Did Mothers On Wagon Trains Rebel At Denver?

Published 9:20 am Thursday, July 23, 2015

DENVER — They had bumped along in their Conestoga wagons for a thousand miles over the prairie, surviving Indian attacks, thieves, cholera and dysentery. They had slept under the stars, eaten camp food, washed their clothes in streams, forded dangerous rivers and endured terrible weather and unimaginable hardships.

When the wagon trains got here a 10,000-foot wall of snow-covered mountains loomed in front of them.

That’s when, I imagine, some women in those wagons rebelled and said, “Enough. We stop here. We’re going no further.”

There’s no other suitable explanation for why 1.8 million people live here.

Denver is the Mile High City, and I had always wrongly assumed it was a mountainous town.

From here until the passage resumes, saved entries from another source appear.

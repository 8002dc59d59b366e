-- ===== src/Approval/RecordLaws.antt =====
-- approval.rs (crates/zbrain/src): what a valid challenge record guarantees of its grant.
use zbrain.Prelude.{ℕ, ◌≤◌, String, true, false, ◌≡◌, some, List, ok, arith, is_empty, eq_iff}
use zbrain.Clock.{Chrono, Time}
use zbrain.Ids.{is_challenge_token_hash}
use zbrain.Approval.{Challenge, compute_challenge_action_digest}
use zbrain.Approval.Record.{
  validate_challenge_record, validate_challenge_item_decisions, check_state, check_grant,
  check_batch, bound_by,
}

module _ (chrono : Chrono) (sha256 : List ℕ → List ℕ) (workspace : String) (c : Challenge)
    (v : validate_challenge_record chrono sha256 workspace c ≡ ok tt) where
  pub valid-check_state : check_state chrono c ≡ ok tt
  unfolding validate_challenge_record
  valid-check_state = ground arith

  pub valid-check_batch : check_batch c ≡ ok tt
  unfolding validate_challenge_record
  valid-check_batch = ground arith

  pub valid-decisions : is_empty c.items ≡ false → validate_challenge_item_decisions c ≡ ok tt
  unfolding validate_challenge_record
  valid-decisions h = ground arith

  pub valid-action_digest : compute_challenge_action_digest sha256 (bound_by c) ≡ c.action_digest
  unfolding validate_challenge_record
  valid-action_digest =
      ground (arith, eq_iff (compute_challenge_action_digest sha256 (bound_by c)) c.action_digest)

  pub consumed-granted : c.consumed ≡ true → c.granted ≡ true
  unfolding check_state
  consumed-granted h = ground (arith, valid-check_state)

  -- The expiry of a granted record, and that of its token, which comes no later.
  pub granted-expiries :
      c.granted ≡ true
      → (e : Time) × (t : Time) × (chrono.parse_rfc3339 c.expires_at ≡ some e)
        × (chrono.parse_rfc3339 c.token_expires_at ≡ some t)
        × (t ≤ e)
  unfolding check_state check_grant
  granted-expiries h = ground (arith, valid-check_state)

  pub granted-token_hash : c.granted ≡ true → is_challenge_token_hash c.token_sha256 ≡ true
  unfolding check_state check_grant
  granted-token_hash h = ground (arith, valid-check_state)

It is flatter than Winston-Salem even though 4,000 feet higher in elevation. It is at the western edge of the prairie just before a monster wall of mountains forms.

Elizabeth and I spent five days here last month trying to take in as much of Colorado as possible. We watched the Rockies baseball team lose. We sampled the beers. We saw the new class of cadets marching at the United States Air Force Academy. We walked the streets of Golden, home of Coors beer. We drove through ski country and ate lunch at the mountaintop hippie town of Nederland that seemed lost in the 1960s — one of the first towns in Colorado to adopt medicinal marijuana sales.

Marijuana is sold at seedy-looking stores bearing a Green Cross — painted identical to the Red Cross.

We’re grandparents. We didn’t sample, but there were plenty of homeless sorts in Denver who looked like they had. Marijuana is good for tourism, but the pot-smoking tourists seem to be establishing themselves as permanent residents of the streets and bumming about downtown.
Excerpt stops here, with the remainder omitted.